#### Instructions for the task:
Report the number of lines in the data where the word "Whether" appears, and add no other text.

[Stored items]

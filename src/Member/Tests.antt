-- ===== src/Member/Tests.antt =====
-- Runs of an update of a member, and its theorems at concrete members.
use swim_protocol.Prelude.{
  ℕ, ◌≤◌, ◌<◌, ◌≡◌, ◌≢◌, ◌↔◌, ◌⊎◌, inl, refl, true, false, if◌then◌else◌, Text, text_discrete, [],
  ◌∷◌, Option, none, some, arith,
}
use swim_protocol.Result.{ok, raise, value_error, assertion_error}
use swim_protocol.Status.{Status, online, available, unavailable, status_discrete, transition}
use swim_protocol.Packet.{Metadata}
use swim_protocol.Member.Defs.{
  Member, new, snapshot, same_items, set_clock, set_status, set_metadata, save, update,
}
use swim_protocol.Member.Update.{IsSettled, update-raise_iff, update_stale}
use swim_protocol.Member.Gossip.{differs, known_after, update_newer, update_refuted, update_poisons}

-- A member `1` that is not local, and the local member `2`, as they are made.
abbrev other : Member
other = new (1 ∷ []) false [] 5

abbrev me : Member
me = new (2 ∷ []) true [] 5

other-IsSettled : IsSettled other
unfolding new
other-IsSettled = record { clock_none = refl; status_none = refl; metadata_none = refl }

me-IsSettled : IsSettled me
unfolding new
me-IsSettled = record { clock_none = refl; status_none = refl; metadata_none = refl }

program : Unit {0}
unfolding new snapshot same_items set_clock set_status set_metadata save update transition
    status_discrete text_discrete
program = tt

-- The gossip that the member is online, from the member `3` with the clock 4.
told : (update (some (3 ∷ [])) 4 (some online) (some []) 9 6 other).0 ≡ ok true
unfolding program
told = refl

told_clock : (update (some (3 ∷ [])) 4 (some online) (some []) 9 6 other).1.clock ≡ 4
unfolding program
told_clock = refl

newer : other.clock < 4
unfolding program
newer = omega arith

me_newer : me.clock < 4
unfolding program
me_newer = omega arith

other_remote : other.local ≡ false
unfolding program
other_remote = refl

me_local : me.local ≡ true
unfolding program
me_local = refl

other_moves : transition other.status online ≡ ok online
unfolding program
other_moves = refl

me_moves : transition me.status online ≡ ok online
unfolding program
me_moves = refl

not_itself : 3 ∷ [] ≢ other.name
unfolding program
not_itself e = cc

not_new : 0 ≤ other.clock
unfolding program
not_new = omega arith

update-raise_iff_example :
    ((update none 4 (some available) none 9 6 other).0 ≡ raise value_error) ↔ (
      (value_error ≡ value_error)
      × ((some available ≡ some available) ⊎ (some available ≡ some unavailable)))
update-raise_iff_example =
    update-raise_iff none 4 (some available) none 9 6 other value_error other-IsSettled

update_stale_example :
    update (some (3 ∷ [])) 0 (some online) (some []) 9 6 other ≡ (ok false, other)
update_stale_example =
    update_stale (some (3 ∷ [])) 0 (some online) (some []) 9 6 other (3 ∷ []) other-IsSettled refl
      not_itself not_new (λ e. cc) (λ e. cc)

update_newer_example :
    ((update (some (3 ∷ [])) 4 (some online) (some []) 9 6 other).0
      ≡ ok (differs other online (some [])))
    × ((update (some (3 ∷ [])) 4 (some online) (some []) 9 6 other).1.status ≡ online)
    × ((update (some (3 ∷ [])) 4 (some online) (some []) 9 6 other).1.metadata_dict
        ≡ known_after other (some []))
    × ((update (some (3 ∷ [])) 4 (some online) (some []) 9 6 other).1.clock
        ≡ (if differs other online (some []) then 4 else other.clock))
update_newer_example =
    update_newer other (3 ∷ []) 4 online online 9 6 other-IsSettled newer other_remote other_moves
      (some [])

update_refuted_example : update (some (3 ∷ [])) 4 (some online) none 9 6 me ≡ (
  ok (differs me online none),
  (if differs me online none then record me { clock = 9; previous = snapshot me } else me),
)
update_refuted_example =
    update_refuted me (3 ∷ []) 4 online none 9 6 me-IsSettled me_newer online me_local me_moves

update_poisons_example :
    ((update (some (3 ∷ [])) 4 (some available) none 9 6 other).0 ≡ raise value_error)
    × ((src : Option Text) (c : ℕ) (s : Option Status) (d : Option Metadata) (n t : ℕ)
        → update src c s d n t (update (some (3 ∷ [])) 4 (some available) none 9 6 other).1
          ≡ (raise assertion_error, (update (some (3 ∷ [])) 4 (some available) none 9 6 other).1))
update_poisons_example =
    update_poisons other (3 ∷ []) 4 available none 9 6 other-IsSettled newer (inl refl)
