-- ===== src/Members/Dissemination.antt =====
-- What `get_gossip` of swimprotocol/members.py offers to a member, before and after it has
-- acknowledged something by `ack_gossip`.
use swim_protocol.Prelude.{
  ℕ, ◌≤◌, ◌≡◌, ◌∙◌, refl, ap, Bool, true, ◌&&◌, ◌||◌, Text, text_discrete, List, [], ◌∷◌, Option,
  none, some, ite, arith, ltb,
}
use swim_protocol.Result.{ok}
use swim_protocol.Shuffle.{mem}
use swim_protocol.Shuffle.Content.{IsDistinct}
use swim_protocol.Member.{Member, is_some, needs_gossip}
use swim_protocol.Members.Defs.{Members, put, wants, gossip_among, get_gossip, ack_gossip}
use swim_protocol.Members.Valid.{IsValid}
use swim_protocol.Members.Grows.{ack_gossip-IsValid}

-- Whether anything is known of a member that could be told.
abbrev pub is_known : Member → Bool
is_known m = m.local || is_some m.metadata_dict

pub mem-gossip_among :
    (target : Member) (members : Text → Option Member) (names : List Text) (n : Text)
    → mem text_discrete n (gossip_among target members names)
      ≡ mem text_discrete n names && wants target (members n)
unfolding gossip_among mem
mem-gossip_among target members [] n = refl
mem-gossip_among target members (name ∷ names) n =
    ground (arith, mem-gossip_among target members names n)

pub mem-get_gossip-needs_gossip :
    (target : Member) (s : Members) (n : Text) (m : Member)
    → IsValid s
    → s.members n ≡ some m
    → mem text_discrete n (get_gossip target s) ≡ is_known m && needs_gossip target m
unfolding get_gossip mem
mem-get_gossip-needs_gossip target s n m v found =
    let (l, there) = v.local_there in
    let fits = v.each n m found in
    ground
      (arith, mem-gossip_among target s.members s.non_local n, v.others n, fits.is_local, there)

gossip_among-IsDistinct :
    (target : Member) (members : Text → Option Member) (names : List Text)
    → IsDistinct text_discrete names
    → IsDistinct text_discrete (gossip_among target members names)
unfolding gossip_among
gossip_among-IsDistinct target members [] d = tt
gossip_among-IsDistinct target members (name ∷ names) (new, d) =
    let rest = gossip_among-IsDistinct target members names d in
    let not_again = mem-gossip_among target members names name in ground (arith, rest, not_again)

get_gossip-IsDistinct :
    (target : Member) (s : Members) → IsValid s → IsDistinct text_discrete (get_gossip target s)
unfolding get_gossip
get_gossip-IsDistinct target s v =
    let (l, there) = v.local_there in
    let fits = v.each s.local l there in
    let rest = gossip_among-IsDistinct target s.members s.non_local v.distinct in
    ground (
      arith,
      rest,
      mem-gossip_among target s.members s.non_local s.local,
      v.others s.local,
      fits.is_local,
      there,
    )

-- Whether a clock is above the last one that was acknowledged, if any was.
abbrev pub is_ahead : ℕ → Option ℕ → Bool
is_ahead clock none = true
is_ahead clock (some known) = ltb known clock

-- What a target is to be told of the member under a name.
abbrev pub is_due : Member → Text → Member → Bool
is_due target n m = is_known m && is_ahead m.clock (target.known_clocks n)

-- In a valid registry no member is offered twice, and one of its members is offered to a target
-- exactly when something is known of it and the target has acknowledged no clock of it, or has
-- acknowledged last one below its clock.
pub mem-get_gossip :
    (target : Member) (s : Members) (n : Text) (m : Member)
    → IsValid s
    → s.members n ≡ some m
    → IsDistinct text_discrete (get_gossip target s)
      × (mem text_discrete n (get_gossip target s) ≡ is_due target n m)
unfolding needs_gossip
mem-get_gossip target s n m v found =
    let named = (v.each n m found).named in
    (
      get_gossip-IsDistinct target s v,
      mem-get_gossip-needs_gossip target s n m v found
          ∙ ground (arith, ap target.known_clocks named),
    )

-- What an accepted acknowledgement of `n` by `source` leaves under a name.
module _ (s : Members) (n source : Text) (clock : ℕ) (target : Member) (v : IsValid s)
    (there : s.members source ≡ some target) where
  abbrev pub told : Member
  told = record target {
    known_clocks = λ j. ite (text_discrete n j) (some clock) (target.known_clocks j);
  }

  abbrev pub after : Members
  after = (ack_gossip n source clock s).1

  pub ack_gossip_lem :
      clock ≤ s.next_clock
      → ack_gossip n source clock s ≡ (ok tt, record s { members = put source told s.members })
  unfolding ack_gossip
  ack_gossip_lem h = ground arith

  -- In a valid registry the acknowledgement by one of its members of the clock `clock` of `n`,
  -- no later than the next clock of the cluster, is accepted. After it that member is offered
  -- `n` exactly when something is known of `n` and its clock is above `clock`; what it is
  -- offered of any other member depends on what it had acknowledged before.
  pub get_gossip-ack_gossip :
      (j : Text) (k : Member)
      → clock ≤ s.next_clock
      → after.members j ≡ some k
      → ((ack_gossip n source clock s).0 ≡ ok tt)
        × (mem text_discrete j (get_gossip told after)
            ≡ is_known k && ite (text_discrete n j) (ltb clock k.clock) (needs_gossip target k))
  unfolding needs_gossip
  get_gossip-ack_gossip j k h e =
      let w = ack_gossip-IsValid n source clock s v in
      let fits = w.each j k e in
      (
        rw (ack_gossip_lem h),
        mem-get_gossip-needs_gossip told after j k w e ∙ ground (arith, fits.named),
      )
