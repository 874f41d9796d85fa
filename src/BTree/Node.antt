-- ===== src/BTree/Node.antt =====
-- lib/sql/btree_page.h: the slots that leaf and internal pages of the index share.
-- A page holds its size and an array of slots of a key and a value. Slot `i` lies within the page
-- exactly for `i < max_keys`, where `max_keys` is `calculateMaxKeysSize`; an access past it is a
-- fault. A slot's key is the row that `Marshal` reads back from its bytes.
pub mod Keys
pub mod Entries
pub mod Search
pub mod Order
use relvec_db.Common.{
  ℕ, zero, suc, ◌+◌, ◌-◌, ◌%◌, ◌^◌, Bool, List, ltb, leb, length, ◌==◌, if◌then◌else◌,
}
use relvec_db.Comparator.{less, equal, greater, compare_rows}
use relvec_db.Common.Outcome.{Outcome, ok, fail, runtime_error, out_of_range, ◌>>=◌, ◌>>◌, guard}
use relvec_db.Row.{Row, Schema}
use relvec_db.Marshal.{get_fixed_row_space, serialize_row, deserialize_row}

pub record Entry (V : Type 0) : Type 0 where
  pub key : Row
  pub value : V

pub record Node (V : Type 0) : Type 0 where
  pub key_schema : Schema
  pub max_keys : ℕ
  pub size : ℕ
  pub slots : ℕ → Entry V

-- The row that a slot gives back after `serializeRow` wrote a key to it. Bytes past the key's part of
-- the slot, which are those of a value or of the next slot, are a fault.
unfoldable pub stored_key : Schema → Row → Outcome Row
unfolding get_fixed_row_space serialize_row deserialize_row
stored_key schema key = do
  bytes ← serialize_row schema key
  key_size ← get_fixed_row_space schema
  guard (leb (length bytes) key_size) out_of_range
  deserialize_row schema bytes

module _ {V : Type 0} where
  -- The array with slot `i` written.
  abbrev pub update : (ℕ → Entry V) → ℕ → Entry V → ℕ → Entry V
  update f i e j = if j == i then e else f j

  -- `getKey`
  unfoldable pub get_key : Node V → ℕ → Outcome Row
  get_key p i = do guard (ltb i p.max_keys) out_of_range; ok ((p.slots i).key)

  -- `getValue`
  unfoldable pub get_value : Node V → ℕ → Outcome V
  get_value p i = do guard (ltb i p.max_keys) out_of_range; ok ((p.slots i).value)

  -- `setKey` of a key that `getKey` has read from a page of the same schema, as the loops that move slots
  -- call it. Such a key fits the schema, so it is written and read back as it is (Node/Keys).
  unfoldable pub put_key : ℕ → Row → Node V → Outcome (Node V)
  put_key i k p = do
    guard (ltb i p.max_keys) out_of_range
    ok (record p { slots = update p.slots i (record { key = k; value = (p.slots i).value }) })

  -- `setKey`
  unfoldable pub set_key : ℕ → Row → Node V → Outcome (Node V)
  unfolding stored_key put_key
  set_key i k p = do
    guard (ltb i p.max_keys) out_of_range
    k' ← stored_key p.key_schema k
    put_key i k' p

  -- `setValue`
  unfoldable pub set_value : ℕ → V → Node V → Outcome (Node V)
  set_value i v p = do
    guard (ltb i p.max_keys) out_of_range
    ok (record p { slots = update p.slots i (record { key = (p.slots i).key; value = v }) })

  -- `increaseSize`: the size is a `uint32_t`, and `increaseSize(-1)` adds 2 ^ 32 - 1.
  unfoldable pub increase_size : ℕ → Node V → Node V
  increase_size n p = record p { size = (p.size + n) % 2 ^ 32 }

  -- `setKey(i, p.getKey(j)); setValue(i, p.getValue(j));`
  unfoldable pub copy_slot : ℕ → ℕ → Node V → Outcome (Node V)
  unfolding get_key get_value put_key set_value
  copy_slot i j p = do k ← get_key p j; p' ← put_key i k p; v ← get_value p' j; set_value i v p'

  -- `for (i = index + n; i > index; --i)` of `insertEntry`: slots move up by one.
  unfoldable pub shift_up : ℕ → ℕ → Node V → Outcome (Node V)
  unfolding copy_slot
  shift_up zero index p = ok p
  shift_up (suc n) index p = do p' ← copy_slot (index + suc n) (index + n) p; shift_up n index p'

  -- `for (i = index; n rounds; ++i)` of `remove`: slot `i + 1` moves down to `i`.
  unfoldable pub shift_down : ℕ → ℕ → Node V → Outcome (Node V)
  unfolding copy_slot
  shift_down zero i p = ok p
  shift_down (suc n) i p = do p' ← copy_slot i (i + 1) p; shift_down n (i + 1) p'

  -- `insertEntry` behind its guard: the size grows, the slots from `index` on move up, and the new
  -- entry is written.
  unfoldable pub insert_at : ℕ → Row → V → Node V → Outcome (Node V)
  unfolding increase_size shift_up set_value set_key
  insert_at index key value p = do
    let grown = increase_size 1 p
    moved ← shift_up (grown.size - 1 - index) index grown
    valued ← set_value index value moved
    set_key index key valued

  -- `for (i = n - 1; i >= 0; --i)` of `split`: slot `i` moves to `i + m`.
  unfoldable pub move_up : ℕ → ℕ → Node V → Outcome (Node V)
  unfolding copy_slot
  move_up zero m p = ok p
  move_up (suc n) m p = do p' ← copy_slot (n + m) n p; move_up n m p'

  -- Slots `i`, `i + 1`, … of `src`, `n` of them, to `j`, `j + 1`, … of `dst`.
  unfoldable pub copy_slots : ℕ → ℕ → ℕ → Node V → Node V → Outcome (Node V)
  unfolding get_key get_value put_key set_value
  copy_slots zero i j src dst = ok dst
  copy_slots (suc n) i j src dst = do
    k ← get_key src i
    dst' ← put_key j k dst
    v ← get_value src i
    dst'' ← set_value j v dst'
    copy_slots n (i + 1) (j + 1) src dst''

  -- The loop of `lowerBound`, with `n` slots left from `i` on. It ends at `getSize()`.
  unfoldable pub lower_bound_from : ℕ → ℕ → Row → Node V → Outcome ℕ
  unfolding get_key
  lower_bound_from zero i key p = ok p.size
  lower_bound_from (suc n) i key p = do
    k ← get_key p i
    c ← compare_rows k key
    let rest = lower_bound_from n (i + 1) key p
    elim c [ equal ↦ ok i | less ↦ rest | greater ↦ ok i ]

  -- The loop of `checkCorrectness`: slots `i` and `i + 1` in order, for `n` values of `i`.
  unfoldable pub check_from : ℕ → ℕ → Node V → Outcome (Unit {0})
  unfolding get_key
  check_from zero i p = ok tt
  check_from (suc n) i p = do
    k ← get_key p i
    k' ← get_key p (i + 1)
    c ← compare_rows k k'
    let rest = check_from n (i + 1) p
    elim c [ less ↦ rest | equal ↦ fail runtime_error | greater ↦ fail runtime_error ]
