-- ===== src/BTree/Internal.antt =====
-- lib/sql/btree_page.h, `BTreeInternalPage`: keys with the page indexes of children. The key of
-- slot 0 is never read by a search.
use relvec_db.Common.{ℕ, ◌+◌, ◌-◌, ◌/◌, ◌^◌, Bool, true, false, ltb, suc, zero, if◌then◌else◌}
use relvec_db.Common.Int.{ℤ}
use relvec_db.Common.Outcome.{Outcome, ok, ◌>>=◌}
use relvec_db.Row.{Row, row_eq}
use relvec_db.BTree.Node.{
  Node, get_key, get_value, set_value, increase_size, insert_at, shift_down, lower_bound_from,
}

abbrev pub Internal : Type 0
Internal = Node ℤ

-- `calculateMaxKeysSize`: a page of 4096 bytes, a header of 8, and a page index of 4 in each slot.
unfoldable pub calculate_max_keys_size : ℕ → ℕ
calculate_max_keys_size key_size = (4096 - 8) / (key_size + 4)

-- `insertFirstEntry`
unfoldable pub insert_first_entry : ℤ → Internal → Outcome Internal
unfolding increase_size set_value
insert_first_entry value p = set_value 0 value (increase_size 1 p)

-- `insertEntry`
unfoldable pub insert_entry : ℕ → Row → ℤ → Internal → Outcome (Bool × Internal)
unfolding insert_at
insert_entry index key value p =
    if ltb p.max_keys (p.size + 1)
    then ok (false, p)
    else (do q ← insert_at index key value p; ok (true, q))

-- `lowerBound`, which starts at slot 1.
unfoldable pub lower_bound : Row → Internal → Outcome ℕ
unfolding lower_bound_from
lower_bound key p = lower_bound_from (p.size - 1) 1 key p

-- `removeByIndex`
unfoldable pub remove_by_index : ℕ → Internal → Outcome Internal
unfolding shift_down increase_size
remove_by_index index p = do
  q ← shift_down (p.size - 1 - index) index p
  ok (increase_size (2 ^ 32 - 1) q)

-- The loop of `lookupWithIndex`, with the first slot as the answer where no key is equal.
unfoldable pub lookup_with_index_from : ℕ → ℕ → Row → Internal → Outcome (ℤ × ℕ)
unfolding get_key get_value
lookup_with_index_from zero i key p = do v ← get_value p 0; ok (v, 0)
lookup_with_index_from (suc n) i key p = do
  k ← get_key p i
  let rest = lookup_with_index_from n (i + 1) key p
  let hit = (do v ← get_value p i; ok (v, i))
  if row_eq k key then hit else rest

-- `lookupWithIndex`
unfoldable pub lookup_with_index : Row → Internal → Outcome (ℤ × ℕ)
unfolding lookup_with_index_from
lookup_with_index key p = lookup_with_index_from p.size 0 key p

#### Worked solution:
2